**Required action**
A word-for-word copy of the entries is the only acceptable reply.

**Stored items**
****

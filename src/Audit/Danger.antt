-- ===== src/Audit/Danger.antt =====
-- The tests for dangerous commands and protected paths (internal/audit/dangerous.go). `(true, p)` of
-- the source is `some p`. Lower case is that of ASCII.
use lokifix.Prelude.{
  ◌≡◌, refl, ap, ◌∙◌, ◌≢◌, ◌↔◌, inl, inr, true, Option, none, some, List, [], ◌∷◌, ◌++◌,
  append_assoc, arith, if◌then◌else◌, Bool-cases, All, Bytes, codes, lower, to_lower, to_lower_idem,
  contains, contains_sound, contains_complete,
}

abbrev pub dangerous_patterns : List Bytes
dangerous_patterns =
    codes "rm "
    ∷ codes "rm\t"
    ∷ codes "rmdir"
    ∷ codes "del "
    ∷ codes "del\t"
    ∷ codes "format "
    ∷ codes "format\t"
    ∷ codes "Remove-Item"
    ∷ codes "Remove-"
    ∷ codes "Clear-Content"
    ∷ codes "Stop-Service"
    ∷ codes "Stop-Process"
    ∷ codes "Restart-Service"
    ∷ codes "Restart-Computer"
    ∷ codes "Set-ItemProperty"
    ∷ codes "New-ItemProperty"
    ∷ codes "Remove-ItemProperty"
    ∷ codes "Disable-NetAdapter"
    ∷ codes "diskpart"
    ∷ codes "cipher /w"
    ∷ codes "reg delete"
    ∷ codes "reg add"
    ∷ codes "net stop"
    ∷ codes "net user"
    ∷ codes "sc delete"
    ∷ codes "sc stop"
    ∷ codes "shutdown"
    ∷ codes "taskkill"
    ∷ codes "bcdedit"
    ∷ codes "sfc "
    ∷ codes "dism "
    ∷ codes "wmic os"
    ∷ codes "wmic process call terminate"
    ∷ []

abbrev pub dangerous_file_paths : List Bytes
dangerous_file_paths =
    codes "C:\\Windows\\"
    ∷ codes "C:\\Program Files\\"
    ∷ codes "C:\\Program Files (x86)\\"
    ∷ codes "C:\\ProgramData\\"
    ∷ codes "\\System32\\"
    ∷ codes "\\SysWOW64\\"
    ∷ codes "\\drivers\\"
    ∷ codes ".exe"
    ∷ codes ".dll"
    ∷ codes ".sys"
    ∷ codes ".bat"
    ∷ codes ".cmd"
    ∷ codes ".ps1"
    ∷ codes ".reg"
    ∷ codes "hosts"
    ∷ []

-- The first pattern that a text in lower case contains.
unfoldable pub first_pattern : List Bytes → Bytes → Option Bytes
unfolding contains
first_pattern [] low = none
first_pattern (p ∷ ps) low = if contains low (to_lower p) then some p else first_pattern ps low

unfoldable pub is_dangerous_command : Bytes → Option Bytes
unfolding first_pattern
is_dangerous_command command = first_pattern dangerous_patterns (to_lower command)

unfoldable pub is_dangerous_file_path : Bytes → Option Bytes
unfolding first_pattern
is_dangerous_file_path path = first_pattern dangerous_file_paths (to_lower path)

-- A text stands somewhere in another, upper and lower case being the same.
abbrev pub Inside : Bytes → Bytes → Type 0
Inside p s = (a b : Bytes) × (to_lower s ≡ a ++ (to_lower p ++ b))

contains-Inside : (s p : Bytes) → (contains (to_lower s) (to_lower p) ≡ true) ↔ Inside p s
contains-Inside s p = (
  contains_sound (to_lower s) (to_lower p),
  λ (a, b, e). rw e (contains_complete a (to_lower p) b),
)

first_pattern-none :
    (ps : List Bytes) (s : Bytes)
    → (first_pattern ps (to_lower s) ≡ none) ↔ All (λ p. ¬ Inside p s) ps
unfolding first_pattern
first_pattern-none [] s = (λ h. tt, λ h. refl)
first_pattern-none (p ∷ ps) s = elim (Bool-cases (contains (to_lower s) (to_lower p))) [
  | inl e ↦ (λ h. absurd (ground (arith, e)), λ h. absurd (h.0 ((contains-Inside s p).0 e)))
  | inr e ↦ (
    λ h. (
      λ i. absurd (ground (arith, (contains-Inside s p).1 i)),
      (first_pattern-none ps s).0 (ground arith),
    ),
    λ h. ground (arith, (first_pattern-none ps s).1 h.1),
  )
]

-- A command needs no confirmation exactly if none of the patterns stands in it, and a path exactly
-- if none of the protected parts does, upper and lower case being the same.
pub is_dangerous_iff :
    (s : Bytes)
    → ((is_dangerous_command s ≡ none) ↔ All (λ p. ¬ Inside p s) dangerous_patterns)
      × ((is_dangerous_file_path s ≡ none) ↔ All (λ p. ¬ Inside p s) dangerous_file_paths)
unfolding is_dangerous_command is_dangerous_file_path
is_dangerous_iff s =
    (first_pattern-none dangerous_patterns s, first_pattern-none dangerous_file_paths s)

to_lower-append : (s t : Bytes) → to_lower (s ++ t) ≡ to_lower s ++ to_lower t
to_lower-append [] t = refl
to_lower-append (c ∷ s) t = ap (λ r. lower c ∷ r) (to_lower-append s t)

widened :
    (a u p v b : Bytes) {s : Bytes}
    → s ≡ u ++ (p ++ v)
    → a ++ (s ++ b) ≡ (a ++ u) ++ (p ++ (v ++ b))
widened a u p v b e = rw e (simp append_assoc)

Inside-within : (a b p s : Bytes) → Inside p s → Inside p (a ++ (s ++ b))
Inside-within a b p s (u, v, e) =
    let all : to_lower (a ++ (s ++ b)) ≡ to_lower a ++ (to_lower s ++ to_lower b) =
      rw (to_lower-append a (s ++ b), to_lower-append s b) in
    (to_lower a ++ u, v ++ to_lower b, all ∙ widened (to_lower a) u (to_lower p) v (to_lower b) e)

All-outside :
    (a b s : Bytes) (ps : List Bytes)
    → All (λ p. ¬ Inside p (a ++ (s ++ b))) ps
    → All (λ p. ¬ Inside p s) ps
All-outside a b s [] h = tt
All-outside a b s (p ∷ ps) h = (λ i. h.0 (Inside-within a b p s i), All-outside a b s ps h.1)

-- What is dangerous by itself is dangerous with any text before and behind it, and writing it in
-- lower case changes nothing.
pub is_dangerous_within :
    (a s b : Bytes)
    → (is_dangerous_command s ≢ none → is_dangerous_command (a ++ (s ++ b)) ≢ none)
      × (is_dangerous_file_path s ≢ none → is_dangerous_file_path (a ++ (s ++ b)) ≢ none)
      × (is_dangerous_command (to_lower s) ≡ is_dangerous_command s)
      × (is_dangerous_file_path (to_lower s) ≡ is_dangerous_file_path s)
is_dangerous_within a s b =
    let iff = is_dangerous_iff s in
    let within = is_dangerous_iff (a ++ (s ++ b)) in
    (
      λ h e. h (iff.0.1 (All-outside a b s dangerous_patterns (within.0.0 e))),
      λ h e. h (iff.1.1 (All-outside a b s dangerous_file_paths (within.1.0 e))),
      unfold is_dangerous_command in rw to_lower_idem,
      unfold is_dangerous_file_path in rw to_lower_idem,
    )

****

**Solution to this problem**
filename src/Audit/Danger.antt
-- ===== src/Audit/Danger.antt =====
-- The tests for dangerous commands and protected paths (internal/audit/dangerous.go). `(true, p)` of
-- the source is `some p`. Lower case is that of ASCII.
use lokifix.Prelude.{
  ◌≡◌, refl, ap, ◌∙◌, ◌≢◌, ◌↔◌, inl, inr, true, Option, none, some, List, [], ◌∷◌, ◌++◌,
  append_assoc, arith, if◌then◌else◌, Bool-cases, All, Bytes, codes, lower, to_lower, to_lower_idem,
  contains, contains_sound, contains_complete,
}

abbrev pub dangerous_patterns : List Bytes
dangerous_patterns =
    codes "rm "
    ∷ codes "rm\t"
    ∷ codes "rmdir"
    ∷ codes "del "
    ∷ codes "del\t"
    ∷ codes "format "
    ∷ codes "format\t"
    ∷ codes "Remove-Item"
    ∷ codes "Remove-"
    ∷ codes "Clear-Content"
    ∷ codes "Stop-Service"
    ∷ codes "Stop-Process"
    ∷ codes "Restart-Service"
    ∷ codes "Restart-Computer"
    ∷ codes "Set-ItemProperty"
    ∷ codes "New-ItemProperty"
    ∷ codes "Remove-ItemProperty"
    ∷ codes "Disable-NetAdapter"
    ∷ codes "diskpart"
    ∷ codes "cipher /w"
    ∷ codes "reg delete"
    ∷ codes "reg add"
    ∷ codes "net stop"
    ∷ codes "net user"
    ∷ codes "sc delete"
    ∷ codes "sc stop"
    ∷ codes "shutdown"
    ∷ codes "taskkill"
    ∷ codes "bcdedit"
    ∷ codes "sfc "
    ∷ codes "dism "
    ∷ codes "wmic os"
    ∷ codes "wmic process call terminate"
    ∷ []

abbrev pub dangerous_file_paths : List Bytes
dangerous_file_paths =
    codes "C:\\Windows\\"
    ∷ codes "C:\\Program Files\\"
    ∷ codes "C:\\Program Files (x86)\\"
    ∷ codes "C:\\ProgramData\\"
    ∷ codes "\\System32\\"
    ∷ codes "\\SysWOW64\\"
    ∷ codes "\\drivers\\"
    ∷ codes ".exe"
    ∷ codes ".dll"
    ∷ codes ".sys"
    ∷ codes ".bat"
    ∷ codes ".cmd"
    ∷ codes ".ps1"
    ∷ codes ".reg"
    ∷ codes "hosts"
    ∷ []

-- The first pattern that a text in lower case contains.
unfoldable pub first_pattern : List Bytes → Bytes → Option Bytes
unfolding contains
first_pattern [] low = none
first_pattern (p ∷ ps) low = if contains low (to_lower p) then some p else first_pattern ps low

unfoldable pub is_dangerous_command : Bytes → Option Bytes
unfolding first_pattern
is_dangerous_command command = first_pattern dangerous_patterns (to_lower command)

unfoldable pub is_dangerous_file_path : Bytes → Option Bytes
unfolding first_pattern
is_dangerous_file_path path = first_pattern dangerous_file_paths (to_lower path)

-- A text stands somewhere in another, upper and lower case being the same.
abbrev pub Inside : Bytes → Bytes → Type 0
Inside p s = (a b : Bytes) × (to_lower s ≡ a ++ (to_lower p ++ b))

contains-Inside : (s p : Bytes) → (contains (to_lower s) (to_lower p) ≡ true) ↔ Inside p s
contains-Inside s p = (
  contains_sound (to_lower s) (to_lower p),
  λ (a, b, e). rw e (contains_complete a (to_lower p) b),
)

first_pattern-none :
    (ps : List Bytes) (s : Bytes)
    → (first_pattern ps (to_lower s) ≡ none) ↔ All (λ p. ¬ Inside p s) ps
unfolding first_pattern
first_pattern-none [] s = (λ h. tt, λ h. refl)
first_pattern-none (p ∷ ps) s = elim (Bool-cases (contains (to_lower s) (to_lower p))) [
  | inl e ↦ (λ h. absurd (ground (arith, e)), λ h. absurd (h.0 ((contains-Inside s p).0 e)))
  | inr e ↦ (
    λ h. (
      λ i. absurd (ground (arith, (contains-Inside s p).1 i)),
      (first_pattern-none ps s).0 (ground arith),
    ),
    λ h. ground (arith, (first_pattern-none ps s).1 h.1),
  )
]

-- A command needs no confirmation exactly if none of the patterns stands in it, and a path exactly
-- if none of the protected parts does, upper and lower case being the same.
pub is_dangerous_iff :
    (s : Bytes)
    → ((is_dangerous_command s ≡ none) ↔ All (λ p. ¬ Inside p s) dangerous_patterns)
      × ((is_dangerous_file_path s ≡ none) ↔ All (λ p. ¬ Inside p s) dangerous_file_paths)
unfolding is_dangerous_command is_dangerous_file_path
is_dangerous_iff s =
    (first_pattern-none dangerous_patterns s, first_pattern-none dangerous_file_paths s)

to_lower-append : (s t : Bytes) → to_lower (s ++ t) ≡ to_lower s ++ to_lower t
to_lower-append [] t = refl
to_lower-append (c ∷ s) t = ap (λ r. lower c ∷ r) (to_lower-append s t)

widened :
    (a u p v b : Bytes) {s : Bytes}
    → s ≡ u ++ (p ++ v)
    → a ++ (s ++ b) ≡ (a ++ u) ++ (p ++ (v ++ b))
widened a u p v b e = rw e (simp append_assoc)

Inside-within : (a b p s : Bytes) → Inside p s → Inside p (a ++ (s ++ b))
Inside-within a b p s (u, v, e) =
    let all : to_lower (a ++ (s ++ b)) ≡ to_lower a ++ (to_lower s ++ to_lower b) =
      rw (to_lower-append a (s ++ b), to_lower-append s b) in
    (to_lower a ++ u, v ++ to_lower b, all ∙ widened (to_lower a) u (to_lower p) v (to_lower b) e)

All-outside :
    (a b s : Bytes) (ps : List Bytes)
    → All (λ p. ¬ Inside p (a ++ (s ++ b))) ps
    → All (λ p. ¬ Inside p s) ps
All-outside a b s [] h = tt
All-outside a b s (p ∷ ps) h = (λ i. h.0 (Inside-within a b p s i), All-outside a b s ps h.1)

-- What is dangerous by itself is dangerous with any text before and behind it, and writing it in
-- lower case changes nothing.
pub is_dangerous_within :
    (a s b : Bytes)
    → (is_dangerous_command s ≢ none → is_dangerous_command (a ++ (s ++ b)) ≢ none)
      × (is_dangerous_file_path s ≢ none → is_dangerous_file_path (a ++ (s ++ b)) ≢ none)
      × (is_dangerous_command (to_lower s) ≡ is_dangerous_command s)
      × (is_dangerous_file_path (to_lower s) ≡ is_dangerous_file_path s)
is_dangerous_within a s b =
    let iff = is_dangerous_iff s in
    let within = is_dangerous_iff (a ++ (s ++ b)) in
    (
      λ h e. h (iff.0.1 (All-outside a b s dangerous_patterns (within.0.0 e))),
      λ h e. h (iff.1.1 (All-outside a b s dangerous_file_paths (within.1.0 e))),
      unfold is_dangerous_command in rw to_lower_idem,
      unfold is_dangerous_file_path in rw to_lower_idem,
    )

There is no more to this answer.